Three Degrees of Separation
A letter to Australian Novelist Anne Buist
Out of the blue and unannounced, your latest crime novel, The Long Shadow, appeared on my front doorstep one cold morning.
Puzzled, I unwrapped the publisher’s plain brown wrapper. Had I now totally lost track of what I had ordered on the internet? Perhaps something ordered so many months ago that the memory had slipped irretrievably. The effect of lockdown softened mental cogs.
But I did remember having met you at Suzanne’s WriteOn Festival weekend here in Canberra last April. But put off this year, of course (till October). I didn’t think this latest book of yours was even mentioned as on the horizon then. I was almost certain I hadn’t pre-ordered any book of yours at the time, or had I?
I free associated some more, and recalled that as a young hospital doctor working in Melbourne, I had heard of your pioneering work in the treatment of mothers with Post Natal Psychosis.
And then I double-checked the family papers, based on your surname, and, yes, it does appear that you are a second cousin of my late husband (a Hibbins).
I just love that about Australia. No one of our 26 odd million is truly a stranger. Not so much six degress of separation here, more like three. Perhaps that is why we have hung together and COVID has struck down only one of us (per thousands of population) for every hundred sad interrments in that country South of Canada. Where they speak the same language as us, but use it differently.
Then finally my memory spat out another association. Your book is a crime novel and a few weeks ago I had renewed my membership of Sisters-in-crime. And ticked the ‘willing to do book reviews’ box. Ah, that must be it!

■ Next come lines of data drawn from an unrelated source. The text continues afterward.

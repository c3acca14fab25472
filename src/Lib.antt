-- ===== src/Lib.antt =====
-- Verification of the core of pulso-crm, a management program for gyms: members' accounts, cash
-- registers, stock, access at the door and billing periods.
--
-- The services of apps/api/src/modules run transactions on a PostgreSQL database. Here a
-- transaction is a function from the rows to a value and new rows, or an error (Store.Action): an
-- error carries no rows, since the database rolls back. Transactions run one after another, as the
-- row locks and the SERIALIZABLE level of the code provide; where the code reads outside its
-- transaction, the model keeps the read and the transaction apart.
--
-- The parts, and the code that each follows:
--   Prelude: Boolean tests, tables as lists, results with the error codes of
--     apps/api/src/common/errors, integers of cents.
--   Calendar: packages/config/src/time.ts and billing.ts. `Calendar.Period` adds the loop by which
--     apps/api/src/modules/memberships/memberships.service.ts (`renew`) finds the period of today.
--     The loop runs on fuel; one more than the months from the first window to today is enough.
--   Store: the rows of packages/db/prisma/schema.prisma for one gym, the transactions, and
--     apps/api/src/common/auth/tenant-context.ts (`Store.Context`).
--   Ledger: apps/api/src/modules/members/ledger.ts, `post_ledger_entry` and
--     `recalculate_member_balance`.
--   Cash: apps/api/src/modules/cash. `Cash` has the parts of lib/, `Cash.Movement` is
--     cash-movement.service.ts (`create`, `reverse`), `Cash.Session` is cash-session.service.ts
--     (`open_cash` is `open`) with `Cash.Session.Close` (`close`). Movements of members are posted
--     to their accounts by Ledger.
--   Payment: apps/api/src/modules/members/member-payment.service.ts, the quote (`quote_of` is the
--     computation of `buildQuote`) and `pay`, which writes to Ledger and Cash.
--   Memberships: apps/api/src/modules/memberships/memberships.service.ts: `Memberships` has what the
--     operations share, with the price of packages/config/src/billing.ts, `Memberships.Create` is
--     `create` (`create_membership`), `Memberships.Renewal` `renew`, `Memberships.Recurrence`
--     `cancel`, `configureRenewal` and `stopRenewalDescendants`. They post to Ledger and, if the
--     price is collected at once, to Cash. The loop over the descendants has one more round of
--     fuel than there are ids.
--   Worker: apps/worker/src/jobs. `Worker.Renewals` is membership-renewal.ts, `Worker.Expirations`
--     membership-expiration.ts, both on the rows of one gym; `Worker.Outbox` is
--     outbox-dispatcher.ts and `Worker.Messages` send-message.ts, with BullMQ and the provider of
--     messages as arguments.
--   Money: packages/config/src/money.ts, over the codes of the characters.
--   Idempotency: apps/api/src/common/idempotency/idempotency.interceptor.ts, the state of a key.
--     `claim` is what `intercept` does before the handler runs; claims and the ends of handlers are
--     the steps of a relation.
--   Access: apps/api/src/modules/access. `Access` is access-decision.ts, `Access.Week`
--     access-date.util.ts, `Access.Check` the snapshot and `Access.Record` the transaction of
--     access.service.ts (`decideAndRecord`, `checkForMember`).
--   Inventory: apps/api/src/modules/inventory/inventory.service.ts, stock changes and, in
--     `Inventory.Sales`, `sell` and `reverse` (`reverse_sale`); `Inventory.Products` is
--     `createProduct` and `updateProduct`, `Inventory.Mutate` is `mutate`, and `Inventory.Service`
--     the operations as they are called, with a key. The commits of others that abort an attempt are
--     an argument.
--
-- Amounts are integers of cents, as PostgreSQL's Decimal(14, 2) holds them; quantities of stock keep
-- the bound of a 32-bit integer that the code tests. Ids are numbers. Dates are calendar dates.
--
-- Not modelled: requests over HTTP and their schemas, time zones (a business day is an argument),
-- personal data and free texts, the queries that only list rows, authentication,
-- biometrics and devices, and the web application.
pub mod Prelude
pub mod Calendar
pub mod Money
pub mod Store
pub mod Worker
pub mod Idempotency
pub mod Ledger
pub mod Cash
pub mod Access
pub mod Inventory
pub mod Payment
pub mod Memberships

Fortunately I enjoyed your book 🙂 I hate giving a negative review to a book by ‘one of us’ … so sometimes in the past local author books have been read, found wanting, and then no review submitted. It’s the meekest way out of the division in my bosum. Loyalty to the Australian Crime and Mystery writing sorority tugging my heart to one side, and loyalty to the greater group, the Crime readers, tugging the other way.
It is so crucial to our existence as a people that we have our own stories, in our own accent, filled with our own places. Your book shows us a couple of white collar Melbourne interlopers in an NSW outback town. It holds up a sometimes unflattering mirror in which we can see ourselves. The town, though streaked with racial and class differences, nevertheless has its own identity through drought, flood and rumour, and the people can pull together, given half a chance.
Thank you for the words you weave, adding new strands to the bonds which hold us together.
All the best,
Melissa Robbie Swept from her Melbourne home age 5, to USA, then PNG, she trailed her mathematician father. Landing back in Adelaide, she started medical school at 15. Doing autopsies to improve her anatomy lead to a Pathology career. Now the widowed mother of adventurous teens, she prefers to travel through books.